Vol.35
HOME法務最前線株式会社サカタのタネ 法務部
  • ▼弁護士のブランディング支援サービス

    Business Lawyer's Marketing Service
  • ▼弁護士向け求人検索サービス

    想いを仕事にかえていく 弁護士転職.JP
  • ▼弁護士のキャリア形成支援サービス

    弁護士キャリアコンシェルジュ
  • 当社サービス・ビジネス全般に関するお問い合わせ

本社社屋横にある、同社開発の花卉などを展示する温室「グリーンプラザ」に集合した、法務部メンバー

本社社屋横にある、同社開発の花卉などを展示する温室「グリーンプラザ」に集合した、法務部メンバー

THE LEGAL DEPARTMENT

#40

株式会社サカタのタネ 法務部

一般法務と知財管理のコラボで研究開発型企業にふさわしい法務サービスを提供する

重要な意味を持つ知財管理

株式会社サカタのタネ 法務部
グループスローガン「PASSION in Seed」をタネが囲む100周年ロゴ

ホームセンターのガーデニングコーナーなどで、「サカタのタネ」のロゴの入った種子袋を目にしたことがある人は多いはず。生産農家や一般消費者向けの野菜や花の種、苗などの生産、販売で世界有数の実績を誇る同社は、今年創業100周年を迎えた。近年、グローバル展開も加速し、海外19ヵ国に関係会社32社を持っている。

2002年に総務部法務課から改組された法務部には、現在、赤松豊和部長のほか5名の部員が在籍する。

「契約文書の作成やチェック、クレーム処理などに関する法律相談などを行う一般的な法務機能に加え、知的財産の管理、それにコンプライアンスのサポートが、仕事の3本柱です」と赤松氏は話す。

種苗ビジネスにとって、知財管理は決定的に重要な意味を持っている。

株式会社サカタのタネ 法務部
ロビーには創業100年の歩みがパネルで展示されている

「品種登録に関しては、研究本部で登録を担当しているので、法務部としてはそこと連携しつつ、ケアを行っています。仮に当社の品種の違法増殖が明らかになったりした場合には、権利侵害の拡大を防ぐために適切な手を打つのです。商標も大事ですね。一例を挙げると、当社では赤くなってから収穫しても輸送中に傷みにくいトマト品種群を『王様トマト』として登録、販売しています。それらを一つのグループにしたうえでブランド化し、管理を行っているわけです」

商標登録は国内もさることながら、途上国での権利侵害を防ぐうえでも、最大の武器になっている。

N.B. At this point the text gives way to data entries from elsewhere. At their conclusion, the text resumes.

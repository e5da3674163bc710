-- ===== src/Server/Mux.antt =====
-- `http.ServeMux` of Go's standard library, as far as internal/server/server.go uses it. The paths are
-- those without escaped characters, and the method is not CONNECT.
pub mod Pattern
pub mod Laws
use mkrepo.Base.{
  String, ◌<>◌, Bool, true, false, not, ◌&&◌, ◌||◌, Option, none, some, List, [], ◌∷◌,
}
use mkrepo.Base.{◌++◌, ◌==◌, if◌then◌else◌, is_set}
use mkrepo.Base.Split.{split, join}
use mkrepo.Base.Text.{cut_prefix}
use mkrepo.Handler.{Request, Response, http_error}
use mkrepo.Server.Mux.Pattern.{
  Segment, literal, wildcard, rest, path_words, parse_pattern, of_method, match_path, match_method,
}

-- `path.Clean`: the stack holds the words that stay, the last one first.
clean_words : List String → List String → List String
clean_words stack [] = stack
clean_words stack (word ∷ words) =
    if word == "" || word == "."
    then clean_words stack words
    else clean_words (if word == ".." then drop_last stack else word ∷ stack) words
  where
    drop_last : List String → List String
    drop_last [] = []
    drop_last (top ∷ below) = below

in_order : List String → List String → List String
in_order [] later = later
in_order (top ∷ below) later = in_order below (top ∷ later)

abbrev last_is_empty : List String → Bool
last_is_empty [] = false
last_is_empty (word ∷ []) = word == ""
last_is_empty (word ∷ next ∷ words) = last_is_empty (next ∷ words)

-- `cleanPath` keeps the slash at the end, and the path of the root.
cleaned_from : List String → List String → List String
cleaned_from [] words = "" ∷ []
cleaned_from (top ∷ below) words =
    in_order (top ∷ below) (if last_is_empty words then "" ∷ [] else [])

unfoldable pub cleaned : List String → List String
unfolding cleaned_from clean_words in_order
cleaned words = cleaned_from (clean_words [] words) words

-- `exactMatch`: the pattern's last segment is no slash, or the slash ends the path.
ends_in_rest : List Segment → Bool
ends_in_rest [] = false
ends_in_rest (literal l ∷ segments) = ends_in_rest segments
ends_in_rest (wildcard ∷ segments) = ends_in_rest segments
ends_in_rest (rest ∷ segments) = true

abbrev exact_segments : Option (String × List Segment) → List String → Bool
unfolding ends_in_rest
exact_segments none words = false
exact_segments (some (method, segments)) words =
    not (ends_in_rest segments) || (last_is_empty words && same_length segments words)
  where
    same_length : List Segment → List String → Bool
    same_length [] [] = true
    same_length (segment ∷ segments) (word ∷ words) = same_length segments words
    same_length segments words = false

exact_match : Option String → List String → Bool
unfolding exact_segments parse_pattern
exact_match none words = false
exact_match (some text) words = exact_segments (parse_pattern text) words

-- Only with a slash at its end is the path that of a pattern.
unfoldable pub wants_slash : List String → String → List String → Bool
unfolding exact_match match_method
wants_slash patterns method words =
    let slashed = words ++ ("" ∷ []) in
    not (exact_match (match_method patterns method words) words)
    && not (last_is_empty words)
    && exact_match (match_method patterns method slashed) slashed

abbrev pub path_of : List String → String
path_of words = "/" <> join "/" words

-- The words of the path, if it is clean and needs no other slash.
settled : List String → String → String → Option (List String) → Option (List String)
settled patterns method path none = none
settled patterns method path (some words) =
    if path_of (cleaned words) == path && not (wants_slash patterns method words)
    then some words
    else none

chosen_words : List String → String → Option (List String) → Option String
chosen_words patterns method none = none
chosen_words patterns method (some words) = match_method patterns method words

-- `findHandler`: the pattern whose handler serves a method and a path, if it is one of the program's.
unfoldable pub choose : List String → String → String → Option String
unfolding chosen_words settled
choose patterns method path =
    chosen_words patterns method (settled patterns method path (path_words path))

-- The patterns that match but for the method.
any_method : List String → List String → List String → Bool
any_method patterns [] words = false
any_method patterns (text ∷ texts) words =
    is_set (match_path (of_method (method_of (parse_pattern text)) patterns) words)
    || any_method patterns texts words
  where
    method_of : Option (String × List Segment) → String
    method_of none = ""
    method_of (some (method, segments)) = method

abbrev moved : Request → String → Response
moved r path = record {
  status = 301;
  location = elim (cut_prefix r.uri r.path) [ none ↦ path | some query ↦ path <> query ];
  cookies = [];
  body = "";
}

refused_words : List String → Request → List String → Response
unfolding any_method
refused_words patterns r words =
    if wants_slash patterns r.method words
    then moved r (path_of words <> "/")
    else if not (path_of words == r.path)
    then moved r (path_of words)
    else if any_method patterns patterns words
    then http_error "Method Not Allowed" 405
    else http_error "404 page not found" 404

-- A path without a slash in front gets one.
abbrev words_or_all : String → Option (List String) → List String
words_or_all path none = split path "/"
words_or_all path (some words) = words

-- `findHandler` and the answer of its own handlers: a redirect to the clean path or the one with a
-- slash, or an error.
unfoldable pub refusal : List String → Request → Response
unfolding refused_words
refusal patterns r = refused_words patterns r (cleaned (words_or_all r.path (path_words r.path)))
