-- ===== src/Server.antt =====
-- internal/server/server.go: the routes of `NewServer`, behind `AuthenticateMiddleware`. The file
-- server is a parameter.
pub mod Mux
pub mod Serves
pub mod Laws
pub mod Blind
pub mod Routes
pub mod Traffic
pub mod Samples
mod Tests
use mkrepo.Base.{String, Option, none, some, List, [], ◌∷◌, Result, ok, err, map, map_ok}
use mkrepo.Base.Dict.{Dict, lookup}
use mkrepo.Database.Db.{Db}
use mkrepo.Service.Work.{World, Work, History, Failure}
use mkrepo.Service.Create.{MkrepoService}
use mkrepo.Service.Template.{MkrepoFile}
use mkrepo.Handler.{Account, Cookie, Request, Response, Env}
use mkrepo.Handler.Session.{Inputs}
use mkrepo.Handler.Login.{LoginInputs, login, logout, delete_account_handler, serve}
use mkrepo.Handler.Callback.{CallbackInputs, oauth2_callback}
use mkrepo.Handler.Middleware.{
  Handler, Writer, with_cookie, authenticate_middleware, must_authenticate,
}
use mkrepo.Handler.Pages.{index, schemas, templates, mkrepo_form}
use mkrepo.Server.Mux.{choose, refusal}
use mkrepo.Handler.Make.{mkrepo_create, register_template_handler}

-- The run of one request: its answer, or the panic that ends it, the database after it, and the calls
-- of the service that were made.
pub record Run : Type 0 where
  pub answer : Result Failure Response
  pub db : Db
  pub history : History

-- A run, from what was called before it.
abbrev pub Serving : Type 0
Serving = History → Run

abbrev pub writer : Writer Serving
writer = record {
  answer = λ r db h. record { answer = ok r; db = db; history = h };
  set_cookie = λ c run h. record (run h) { answer = map_ok (with_cookie c) (run h).answer };
}

-- What `NewServer` is given, and what its handlers use.
pub record Site (Block Schema : Type 0) : Type 0 where
  pub env : Env Block
  pub world : World
  pub service : MkrepoService
  pub decode : String → Result String (MkrepoFile Schema)
  pub disk : History → String → Option String
  pub licenses_json : Option String
  pub file_server : Request → Response

-- What the handlers of one request read of the clock and the random source.
pub record RequestInputs : Type 0 where
  pub auth : Inputs
  pub login : LoginInputs
  pub callback : CallbackInputs

-- Handlers that only answer, that work on the database, and that work with the service.
abbrev pub page : (Request → Response) → Handler Serving
page f account r db = writer.answer (f r) db

abbrev pub stored : (Request → Db → Response × Db) → Handler Serving
stored f account r db = let (answer, db') = f r db in writer.answer answer db'

abbrev pub worked : (Account → Request → Work Response) → Account → Request → Db → Serving
worked f account r db h =
    let (answer, h') = f account r h in record { answer = answer; db = db; history = h' }

module _ {Block Schema : Type 0} (site : Site Block Schema) (inputs : RequestInputs) where
  abbrev pub guarded : (Account → Request → Db → Serving) → Handler Serving
  guarded = must_authenticate writer

  unfoldable pub routes : Dict (Handler Serving)
  routes =
      ("GET /", page index)
      ∷ ("GET /static/", page site.file_server)
      ∷ ("GET /auth/login", stored (λ r. serve (login site.env inputs.login r)))
      ∷ ("GET /auth/logout", stored logout)
      ∷ (
        "GET /auth/oauth2/callback/{provider}",
        stored (λ r. serve (oauth2_callback site.env inputs.callback r)),
      )
      ∷ (
        "GET /auth/delete-account",
        guarded (λ account. stored (λ r. serve (delete_account_handler account)) (some account)),
      )
      ∷ ("GET /new", guarded (worked (λ account r h. (mkrepo_form site.env account r, h))))
      ∷ ("POST /new", guarded (worked (mkrepo_create site.env site.world site.service)))
      ∷ ("GET /schemas", page (schemas site.licenses_json))
      ∷ ("GET /templates", page templates)
      ∷ (
        "POST /templates",
        guarded (worked (register_template_handler site.world site.decode site.disk)),
      )
      ∷ []

  unfoldable pub patterns : List String
  unfolding routes
  patterns = map (λ route. route.0) routes

  -- `http.ServeMux` on the patterns.
  abbrev pub chosen : Request → Option String
  chosen r = choose patterns r.method r.path

  handled : Option (Handler Serving) → Handler Serving
  handled none = page (refusal patterns)
  handled (some handler) = handler

  dispatched : Option String → Handler Serving
  unfolding handled
  dispatched none = page (refusal patterns)
  dispatched (some pattern) = handled (lookup pattern routes)

  unfoldable pub serve_mux : Handler Serving
  unfolding dispatched
  serve_mux account r = dispatched (chosen r) account r

  unfoldable pub new_server : Request → Db → Serving
  unfolding serve_mux
  new_server = authenticate_middleware site.env inputs.auth writer serve_mux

「また特許については、植物に関して専門性の高い特許事務所などと相談しながら対応しています。自らの成果物の権利化と同時に、当社のビジネスに影響を与えそうな他社の特許申請を監視し、権利化に値しないものは認めさせない、というのも我々の重要な任務なのです」

部内には、入社後に弁理士資格を取ったメンバーもいる。

株式会社サカタのタネ 法務部
一般の法務担当も知的財産管理担当も、同じ組織で学び合う。ミーティングでは、技術的な話題が飛び交うことも多々

現場をサポートするサービス業として

ところで、赤松氏はもともと研究畑出身。二十数年前には、同社の特許第1号「細胞質雄性不稔技術」を開発している。部員のうち2名も、やはり研究開発部隊からの転身だ。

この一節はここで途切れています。